-- Work instructions --
Your answer should contain each record from the listing, repeated exactly.
+++ Exercise material
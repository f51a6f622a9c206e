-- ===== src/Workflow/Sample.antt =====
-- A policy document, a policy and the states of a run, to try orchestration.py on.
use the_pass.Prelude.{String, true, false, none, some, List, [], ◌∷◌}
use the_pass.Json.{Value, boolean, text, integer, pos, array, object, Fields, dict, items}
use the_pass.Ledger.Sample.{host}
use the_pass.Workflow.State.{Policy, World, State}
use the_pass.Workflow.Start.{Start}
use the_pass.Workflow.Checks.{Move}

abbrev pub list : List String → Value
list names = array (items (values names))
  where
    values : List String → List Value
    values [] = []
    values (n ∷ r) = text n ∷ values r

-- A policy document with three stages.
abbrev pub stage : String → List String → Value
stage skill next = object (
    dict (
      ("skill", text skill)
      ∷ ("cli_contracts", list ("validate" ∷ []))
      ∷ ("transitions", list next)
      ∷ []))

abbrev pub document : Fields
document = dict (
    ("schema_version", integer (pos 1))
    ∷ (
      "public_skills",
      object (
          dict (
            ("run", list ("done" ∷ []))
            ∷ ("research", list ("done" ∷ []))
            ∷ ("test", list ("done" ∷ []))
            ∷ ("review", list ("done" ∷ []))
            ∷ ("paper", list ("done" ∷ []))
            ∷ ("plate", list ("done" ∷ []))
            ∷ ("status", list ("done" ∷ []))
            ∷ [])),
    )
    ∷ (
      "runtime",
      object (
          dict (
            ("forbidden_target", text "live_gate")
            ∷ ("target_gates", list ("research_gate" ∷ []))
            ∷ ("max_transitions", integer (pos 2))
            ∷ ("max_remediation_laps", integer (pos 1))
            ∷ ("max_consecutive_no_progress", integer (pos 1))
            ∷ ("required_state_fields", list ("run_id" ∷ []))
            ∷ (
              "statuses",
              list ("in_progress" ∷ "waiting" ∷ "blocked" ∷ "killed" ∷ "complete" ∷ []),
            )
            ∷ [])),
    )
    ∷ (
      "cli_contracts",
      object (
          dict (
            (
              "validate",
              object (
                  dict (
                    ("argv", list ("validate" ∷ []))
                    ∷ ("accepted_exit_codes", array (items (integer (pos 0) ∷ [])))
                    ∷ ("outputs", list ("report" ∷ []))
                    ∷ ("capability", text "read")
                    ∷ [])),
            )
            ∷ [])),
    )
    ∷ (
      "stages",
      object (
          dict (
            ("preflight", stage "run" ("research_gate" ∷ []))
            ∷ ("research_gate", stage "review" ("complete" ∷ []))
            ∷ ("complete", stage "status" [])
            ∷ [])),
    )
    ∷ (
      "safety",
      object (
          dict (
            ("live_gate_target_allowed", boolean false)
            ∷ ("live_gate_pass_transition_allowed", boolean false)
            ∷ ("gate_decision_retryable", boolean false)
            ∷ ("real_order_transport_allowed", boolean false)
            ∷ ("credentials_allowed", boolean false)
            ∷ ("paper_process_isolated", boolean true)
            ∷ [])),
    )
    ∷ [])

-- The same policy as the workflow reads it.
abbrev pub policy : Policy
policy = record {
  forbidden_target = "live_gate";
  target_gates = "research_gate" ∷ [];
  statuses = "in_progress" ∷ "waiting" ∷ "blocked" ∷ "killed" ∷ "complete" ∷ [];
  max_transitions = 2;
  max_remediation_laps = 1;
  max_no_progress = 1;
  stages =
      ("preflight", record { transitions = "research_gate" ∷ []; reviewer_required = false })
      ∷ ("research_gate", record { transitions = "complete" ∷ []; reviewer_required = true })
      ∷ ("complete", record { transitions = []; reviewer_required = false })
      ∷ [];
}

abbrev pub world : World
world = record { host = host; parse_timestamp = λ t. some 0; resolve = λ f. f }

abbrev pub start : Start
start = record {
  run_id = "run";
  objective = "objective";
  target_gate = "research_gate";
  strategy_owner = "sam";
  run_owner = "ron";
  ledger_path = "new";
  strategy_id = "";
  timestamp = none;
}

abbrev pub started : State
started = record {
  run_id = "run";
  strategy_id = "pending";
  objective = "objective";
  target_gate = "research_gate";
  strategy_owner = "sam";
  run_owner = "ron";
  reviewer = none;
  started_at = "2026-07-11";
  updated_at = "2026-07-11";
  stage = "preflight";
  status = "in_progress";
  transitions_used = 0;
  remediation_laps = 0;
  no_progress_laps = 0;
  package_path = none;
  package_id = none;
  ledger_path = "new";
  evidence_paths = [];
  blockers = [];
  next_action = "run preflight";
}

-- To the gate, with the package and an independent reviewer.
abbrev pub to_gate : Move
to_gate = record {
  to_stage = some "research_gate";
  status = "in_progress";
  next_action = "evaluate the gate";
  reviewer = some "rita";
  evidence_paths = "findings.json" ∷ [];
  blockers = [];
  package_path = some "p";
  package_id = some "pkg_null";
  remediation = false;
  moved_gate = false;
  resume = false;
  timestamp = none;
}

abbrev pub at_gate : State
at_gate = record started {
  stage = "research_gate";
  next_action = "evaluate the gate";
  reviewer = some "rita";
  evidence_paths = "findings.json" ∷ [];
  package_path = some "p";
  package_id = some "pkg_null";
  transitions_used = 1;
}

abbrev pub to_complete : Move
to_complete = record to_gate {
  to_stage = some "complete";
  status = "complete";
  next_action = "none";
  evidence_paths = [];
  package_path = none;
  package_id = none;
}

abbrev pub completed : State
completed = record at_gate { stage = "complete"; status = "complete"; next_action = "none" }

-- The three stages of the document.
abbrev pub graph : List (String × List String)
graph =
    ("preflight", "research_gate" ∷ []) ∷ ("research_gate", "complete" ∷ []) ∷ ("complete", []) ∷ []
++++++
-- Result --
repository f51a6f622a9c206e
-- ===== src/Workflow/Sample.antt =====
-- A policy document, a policy and the states of a run, to try orchestration.py on.
use the_pass.Prelude.{String, true, false, none, some, List, [], ◌∷◌}
use the_pass.Json.{Value, boolean, text, integer, pos, array, object, Fields, dict, items}
use the_pass.Ledger.Sample.{host}
use the_pass.Workflow.State.{Policy, World, State}
use the_pass.Workflow.Start.{Start}
use the_pass.Workflow.Checks.{Move}

abbrev pub list : List String → Value
list names = array (items (values names))
  where
    values : List String → List Value
    values [] = []
    values (n ∷ r) = text n ∷ values r

-- A policy document with three stages.
abbrev pub stage : String → List String → Value
stage skill next = object (
    dict (
      ("skill", text skill)
      ∷ ("cli_contracts", list ("validate" ∷ []))
      ∷ ("transitions", list next)
      ∷ []))

abbrev pub document : Fields
document = dict (
    ("schema_version", integer (pos 1))
    ∷ (
      "public_skills",
      object (
          dict (
            ("run", list ("done" ∷ []))
            ∷ ("research", list ("done" ∷ []))
            ∷ ("test", list ("done" ∷ []))
            ∷ ("review", list ("done" ∷ []))
            ∷ ("paper", list ("done" ∷ []))
            ∷ ("plate", list ("done" ∷ []))
            ∷ ("status", list ("done" ∷ []))
            ∷ [])),
    )
    ∷ (
      "runtime",
      object (
          dict (
            ("forbidden_target", text "live_gate")
            ∷ ("target_gates", list ("research_gate" ∷ []))
            ∷ ("max_transitions", integer (pos 2))
            ∷ ("max_remediation_laps", integer (pos 1))
            ∷ ("max_consecutive_no_progress", integer (pos 1))
            ∷ ("required_state_fields", list ("run_id" ∷ []))
            ∷ (
              "statuses",
              list ("in_progress" ∷ "waiting" ∷ "blocked" ∷ "killed" ∷ "complete" ∷ []),
            )
            ∷ [])),
    )
    ∷ (
      "cli_contracts",
      object (
          dict (
            (
              "validate",
              object (
                  dict (
                    ("argv", list ("validate" ∷ []))
                    ∷ ("accepted_exit_codes", array (items (integer (pos 0) ∷ [])))
                    ∷ ("outputs", list ("report" ∷ []))
                    ∷ ("capability", text "read")
                    ∷ [])),
            )
            ∷ [])),
    )
    ∷ (
      "stages",
      object (
          dict (
            ("preflight", stage "run" ("research_gate" ∷ []))
            ∷ ("research_gate", stage "review" ("complete" ∷ []))
            ∷ ("complete", stage "status" [])
            ∷ [])),
    )
    ∷ (
      "safety",
      object (
          dict (
            ("live_gate_target_allowed", boolean false)
            ∷ ("live_gate_pass_transition_allowed", boolean false)
            ∷ ("gate_decision_retryable", boolean false)
            ∷ ("real_order_transport_allowed", boolean false)
            ∷ ("credentials_allowed", boolean false)
            ∷ ("paper_process_isolated", boolean true)
            ∷ [])),
    )
    ∷ [])

-- The same policy as the workflow reads it.
abbrev pub policy : Policy
policy = record {
  forbidden_target = "live_gate";
  target_gates = "research_gate" ∷ [];
  statuses = "in_progress" ∷ "waiting" ∷ "blocked" ∷ "killed" ∷ "complete" ∷ [];
  max_transitions = 2;
  max_remediation_laps = 1;
  max_no_progress = 1;
  stages =
      ("preflight", record { transitions = "research_gate" ∷ []; reviewer_required = false })
      ∷ ("research_gate", record { transitions = "complete" ∷ []; reviewer_required = true })
      ∷ ("complete", record { transitions = []; reviewer_required = false })
      ∷ [];
}

abbrev pub world : World
world = record { host = host; parse_timestamp = λ t. some 0; resolve = λ f. f }

abbrev pub start : Start
start = record {
  run_id = "run";
  objective = "objective";
  target_gate = "research_gate";
  strategy_owner = "sam";
  run_owner = "ron";
  ledger_path = "new";
  strategy_id = "";
  timestamp = none;
}

abbrev pub started : State
started = record {
  run_id = "run";
  strategy_id = "pending";
  objective = "objective";
  target_gate = "research_gate";
  strategy_owner = "sam";
  run_owner = "ron";
  reviewer = none;
  started_at = "2026-07-11";
  updated_at = "2026-07-11";
  stage = "preflight";
  status = "in_progress";
  transitions_used = 0;
  remediation_laps = 0;
  no_progress_laps = 0;
  package_path = none;
  package_id = none;
  ledger_path = "new";
  evidence_paths = [];
  blockers = [];
  next_action = "run preflight";
}

-- To the gate, with the package and an independent reviewer.
abbrev pub to_gate : Move
to_gate = record {
  to_stage = some "research_gate";
  status = "in_progress";
  next_action = "evaluate the gate";
  reviewer = some "rita";
  evidence_paths = "findings.json" ∷ [];
  blockers = [];
  package_path = some "p";
  package_id = some "pkg_null";
  remediation = false;
  moved_gate = false;
  resume = false;
  timestamp = none;
}

abbrev pub at_gate : State
at_gate = record started {
  stage = "research_gate";
  next_action = "evaluate the gate";
  reviewer = some "rita";
  evidence_paths = "findings.json" ∷ [];
  package_path = some "p";
  package_id = some "pkg_null";
  transitions_used = 1;
}

abbrev pub to_complete : Move
to_complete = record to_gate {
  to_stage = some "complete";
  status = "complete";
  next_action = "none";
  evidence_paths = [];
  package_path = none;
  package_id = none;
}

abbrev pub completed : State
completed = record at_gate { stage = "complete"; status = "complete"; next_action = "none" }

-- The three stages of the document.
abbrev pub graph : List (String × List String)
graph =
    ("preflight", "research_gate" ∷ []) ∷ ("research_gate", "complete" ∷ []) ∷ ("complete", []) ∷ []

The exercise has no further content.